Cathy Berggren is the heart and soul of the Real Life Center, an incredible local nonprofit organization, but she would beg to differ. She is the Executive Director and has been with them since the doors opened 20 years ago. If you asked Cathy, she would say that the Real Life Center is all about community which includes the volunteers, the staff, the donors and those they serve. At the Real Life Center, they have figured out that the key to a successful nonprofit is the people and serving them as you would want to be served, no matter the circumstances.
The Real Life Center helps those who are experiencing a difficult time such as a job loss, a divorce, death or other life issue. In addition to providing the initial needs of food and clothing to families, the Real Life Center also offers educational programs to help people reach their goals and be a catalyst for change.
Cathy says, “Most of us want to help our neighbors in need, but we don’t know how. At the Real Life Center, we provide a safe place to be a neighbor, both to give and also to receive in a time of need. This neighbor-to-neighbor approach is the core of who we are, and it lends itself to treating people with dignity and respect. If we want to walk alongside someone to help them get out of their situation, it is important for them to understand they are worthy, capable and empowered to take responsibility for their lives. We believe that is the way God made us!”
The Real Life Center works with the community to help the community. They have over 300 volunteers who serve regularly, either sorting clothing and food, or picking fruit in the incredible orchard where they grow fruit for families in need. The orchard and garden is run entirely by volunteers who tend to the gardens, pick produce, and pack food. The Real Life Center currently has five part-time and five full-time employees on their amazing team.
Their educational classes are taught by volunteers—experts in the community—who donate their time to teach a variety of subjects such as cooking/nutrition, finances, family and relationship issues, and emotional and spiritual well-being. These classes provide life skills and confidence, and create community. Cathy says, “The classes birthed out of the understanding that isolation and poverty go hand in hand. If we can keep people connected and supported, they improve their chance to rise above poverty. 53 percent of all Americans are faced with poverty at some point in their lives due to the unexpected. People who never thought they would have to ask for assistance find themselves in a situation where we can help.”
The Real Life Center has additional programs to meet the needs of seniors and create a community for them. They also provide school supplies and backpacks, and offer backpack buddies for weekend meals to students in need.
Neighbor-to-neighbor, helping one another by putting yourself in another’s shoes, that is the key to a successful non-profit organization and the community at The Real Life Center seems to understand this immensely.

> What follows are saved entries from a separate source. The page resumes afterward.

-- ===== src/Verification/Links.antt =====
-- The life of a link: a link that was sent confirms the address it was sent to, and works once.
use gp_connect_server.Common.{
  ℕ, ◌+◌, ◌≤◌, ◌≡◌, inl, inr, Bool, true, false, not, ◌&&◌, none, some, String, arith, Option-cases,
  Bool-cases, truthy, nat_beq_iff, string_eq, ◌==◌, nat_eq, ◌∷◌,
}
use gp_connect_server.Schema.{
  User, VerificationToken, VerificationTokenType, verification_token_type_eq,
}
use gp_connect_server.Prisma.{
  Prisma, World, Effect, AtMostOne, row-kept, find_first-only, unused_id, find_unique-updated,
}
use gp_connect_server.Handler.{Exception, Reason, ok, err}
use gp_connect_server.Verification.Service.{
  confirmed, same_contact, pending_of, email_verified, other_address, link_of, hour_in_ms,
  generate_email_token, new_email_token, nothing_to_verify, mail_target, token_of, confirm_email,
  use_link, load_link, verify_email_token, send_link, send_email_verification,
}
use gp_connect_server.Verification.Email.{
  IsVerified, confirmed-IsVerified, confirmed-id, verify_email_token-ok,
}
use text.Mathlib.TextPositions.{eq_refl}

target_not_other : (u : User) → other_address (pending_of (some u)) (some (mail_target u)) ≡ false
target_not_other u = elim (Option-cases u.pending_email) [
  | inl z ↦ ground arith
  | inr (p, e) ↦ ground (arith, eq_refl p)
]

due_not_settled :
    (u : User)
    → nothing_to_verify u ≡ false
    → email_verified (some u) ≡ true
    → ¬ (pending_of (some u) ≡ none)
due_not_settled u due verified settled = elim (Bool-cases (truthy u.pending_email)) [
  | inr n ↦ ground arith
  | inl y ↦ elim (Option-cases u.pending_email) [ inl z ↦ ground arith | inr (p, e) ↦ ground arith ]
]

module _ {P : Prisma} where
  no_link :
      (digest : String → String) (now : ℕ) (token : String) (w : World P)
      → P.verification_token.find_first (link_of digest token) w.tokens ≡ none
      → verify_email_token digest now token w
        ≡ (err (Exception.bad_request Reason.invalid_token), w)
  unfolding verify_email_token load_link
  no_link digest now token w z = ground arith

  -- The link that was used is gone, and no other has its digest.
  used_link :
      (digest : String → String) (token : String) (w : World P) (t : VerificationToken)
      → AtMostOne P.verification_token (link_of digest token) w.tokens
      → P.verification_token.find_first (link_of digest token) w.tokens ≡ some t
      → P.verification_token.find_first
          (link_of digest token)
          (P.verification_token.delete_many (λ b. b.id == t.id) w.tokens)
        ≡ none
  used_link digest token w t one f =
      let left = P.verification_token.delete_many (λ b. b.id == t.id) w.tokens in
      let (hit, there) = P.verification_token.find_first-some _ w.tokens t f in
      elim (Option-cases (P.verification_token.find_first (link_of digest token) left)) [
        | inl z ↦ z
        | inr (b, e) ↦
            let (hit', f') = P.verification_token.find_first-some _ left b e in
            let (there', other) =
              row-kept P.verification_token b.id (λ x. x.id == t.id) w.tokens b f' in
            let same = one b t there' there hit' hit in
            absurd (ground (arith, nat_beq_iff b.id t.id))
      ]

  -- A link works once: if it is accepted for a user who has something to verify (an address that is
  -- pending, or an active one that is not verified), then it is refused as invalid at any time after
  -- it and nothing is written, if no other link has its digest.
  pub verify_email_token-again :
      (digest : String → String) (now : ℕ) (token : String) (w : World P) (t : VerificationToken)
      (u : User) (now' : ℕ) {r : Bool}
      → AtMostOne P.verification_token (link_of digest token) w.tokens
      → P.verification_token.find_first (link_of digest token) w.tokens ≡ some t
      → P.user.find_unique t.user_id w.users ≡ some u
      → nothing_to_verify u ≡ false
      → (verify_email_token digest now token w).0 ≡ ok r
      → let w' = (verify_email_token digest now token w).1 in
        verify_email_token digest now' token w'
        ≡ (err (Exception.bad_request Reason.invalid_token), w')
  verify_email_token-again digest now token w t u now' one f whose due h =
      let (t', f', outcome) = verify_email_token-ok digest now token w h in
      let same : t' ≡ t = ground arith in
      elim outcome [
        | inl (_, verified, settled) ↦
            let found : P.user.find_unique t'.user_id w.users ≡ some u = ground arith in
            absurd (due_not_settled u due (rw found at verified) (rw found at settled))
        | inr c ↦
            let gone = used_link digest token w t' one f' in
            rw (c.stored) (no_link digest now' token _ gone)
      ]

  sent_link :
      (digest : String → String) (token : String) (new_id now user_id : ℕ) (w : World P) (u : User)
      → P.user.find_unique user_id w.users ≡ some u
      → nothing_to_verify u ≡ false
      → (send_email_verification digest token new_id now user_id w).0 ≡ ok tt
      → let left =
          P.verification_token.delete_many
            (token_of user_id VerificationTokenType.email)
            w.tokens in
        let t = new_email_token new_id user_id (generate_email_token digest token) now u in
        (P.verification_token.count (λ b. b.id == new_id) left ≡ 0)
        × ((send_email_verification digest token new_id now user_id w).1 ≡ record w {
          tokens = P.verification_token.insert t left;
          effects = Effect.email_verification_mail (mail_target u) token ∷ w.effects;
        })
  unfolding send_email_verification send_link
  sent_link digest token new_id now user_id w u f due h = (ground arith, ground arith)

  -- The link `t` is found, and its user `u` has something to verify.
  live_link :
      (digest : String → String) (now : ℕ) (token : String) (w : World P) (t : VerificationToken)
      (u : User)
      → P.verification_token.find_first (link_of digest token) w.tokens ≡ some t
      → P.verification_token.find_unique t.id w.tokens ≡ some t
      → P.user.find_unique t.user_id w.users ≡ some u
      → token == "" ≡ false
      → nothing_to_verify u ≡ false
      → now ≤ t.expires_at
      → other_address (pending_of (some u)) t.identifier ≡ false
      → P.user.count
          (λ b. not (b.id == t.user_id) && same_contact (confirmed (pending_of (some u)) now u) b)
          w.users
        ≡ 0
      → verify_email_token digest now token w ≡ (
        ok true,
        record w {
          users =
              P.user.update_many
                (λ b. b.id == t.user_id)
                (confirmed (pending_of (some u)) now)
                w.users;
          tokens = P.verification_token.delete_many (λ b. b.id == t.id) w.tokens;
        },
      )
  unfolding verify_email_token load_link use_link confirm_email
  live_link digest now token w t u f there whose some_token due live sent free = ground arith

  -- A link with a fresh digest goes to the pending address, or to the active one if none is pending.
  -- Opened within the hour, where no other user has the contacts that come of it, it is accepted: the
  -- pending address becomes the active one, and the active address is verified.
  pub send_email_verification-verify :
      (digest : String → String) (token : String) (new_id now user_id : ℕ) (w : World P) (u : User)
      (now' : ℕ)
      → P.user.find_unique user_id w.users ≡ some u
      → nothing_to_verify u ≡ false
      → token == "" ≡ false
      → ((b : VerificationToken)
          → P.verification_token.find_unique b.id w.tokens ≡ some b
          → link_of digest token b ≡ false)
      → P.user.count
          (λ b. not (b.id == user_id) && same_contact (confirmed (pending_of (some u)) now' u) b)
          w.users
        ≡ 0
      → now' ≤ now + hour_in_ms
      → (send_email_verification digest token new_id now user_id w).0 ≡ ok tt
      → let w' = (send_email_verification digest token new_id now user_id w).1 in
        let q = verify_email_token digest now' token w' in
        ((p : String)
          → u.pending_email ≡ some p
          → w'.effects ≡ Effect.email_verification_mail p token ∷ w.effects)
        × (u.pending_email ≡ none
            → w'.effects ≡ Effect.email_verification_mail u.email token ∷ w.effects)
        × (q.0 ≡ ok true)
        × IsVerified now' u (P.user.find_unique user_id q.1.users)
  send_email_verification-verify digest token new_id now user_id w u now' f due some_token fresh
        unclaimed soon h =
      let left =
        P.verification_token.delete_many (token_of user_id VerificationTokenType.email) w.tokens in
      let t = new_email_token new_id user_id (generate_email_token digest token) now u in
      let (z, sent) = sent_link digest token new_id now user_id w u f due h in
      let w1 : World P = record w {
        tokens = P.verification_token.insert t left;
        effects = Effect.email_verification_mail (mail_target u) token ∷ w.effects;
      } in
      let free = unused_id P.verification_token new_id left z in
      let hit =
        find_first-only P.verification_token (link_of digest token) left t free
          (ground (arith, eq_refl (digest token)))
          (λ b there.
            fresh b
              (row-kept P.verification_token b.id (token_of user_id VerificationTokenType.email)
                w.tokens b there).0) in
      let run =
        live_link digest now' token w1 t u hit
          (P.verification_token.find_unique-insert_self t left free) f some_token due soon
          (target_not_other u) unclaimed in
      let row =
        find_unique-updated P.user user_id (confirmed (pending_of (some u)) now') w.users u
          (confirmed-id (pending_of (some u)) now') f in
      rw sent (
        λ p e. ground arith,
        λ e. ground arith,
        ground arith,
        confirmed-IsVerified now' u _ (ground arith),
      )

Cathy believes these guidelines can be applied to any nonprofit to help lead to success:
- Before you start, take the time to understand what the real needs are and what is currently being done. If you determine there are gaps, and you are ready to jump in, have a clear direction on your strategy to meet the needs. This allows you to stay aligned to your mission and stay focused on your strategy to achieve success. Once you have laid the groundwork, communicating your mission well is key. Casting a strong vision will engage others to want to join you in making a difference!
- Don’t be afraid to do it differently! When meeting unmet needs, doing it differently may be what incites the change to occur. Sometimes, we just need an objective person who truly cares enough to encourage us to see with a different perspective and to challenge us to change.
- Do everything with excellence. This not only builds credibility, it creates trust. This includes setting up your basic legal structure and building a strong foundation such as keeping records, how you steward your donations, and management of your finances and your team. Always be willing to be accountable and to reevaluate what you are doing on a regular basis to keep improving.
- Never lose sight of genuinely valuing your people—your team of staff and volunteers, clients, and those who partner with you and support you—which will create loyalty and mutual respect. One of my favorite comments I often hear from a client is, “Please call me if I can ever do anything to help you.”
- Be generous, keeping the big picture in mind. Too often, we become so focused on our own organizations we forget that there are many others out there doing good. If we are willing to work together we can make an even larger impact—together. I am grateful for the many churches, businesses, civic groups, schools and other organizations that we partner with for the greater good of those we serve. Being willing to help others, ultimately helps your organization to be better too!
- Define what success looks like, and develop some critical success factors. If we don’t measure ourselves how do we know how much good we are doing? Determine benchmarks you wish to measure each year, and challenge yourself to do it better each year.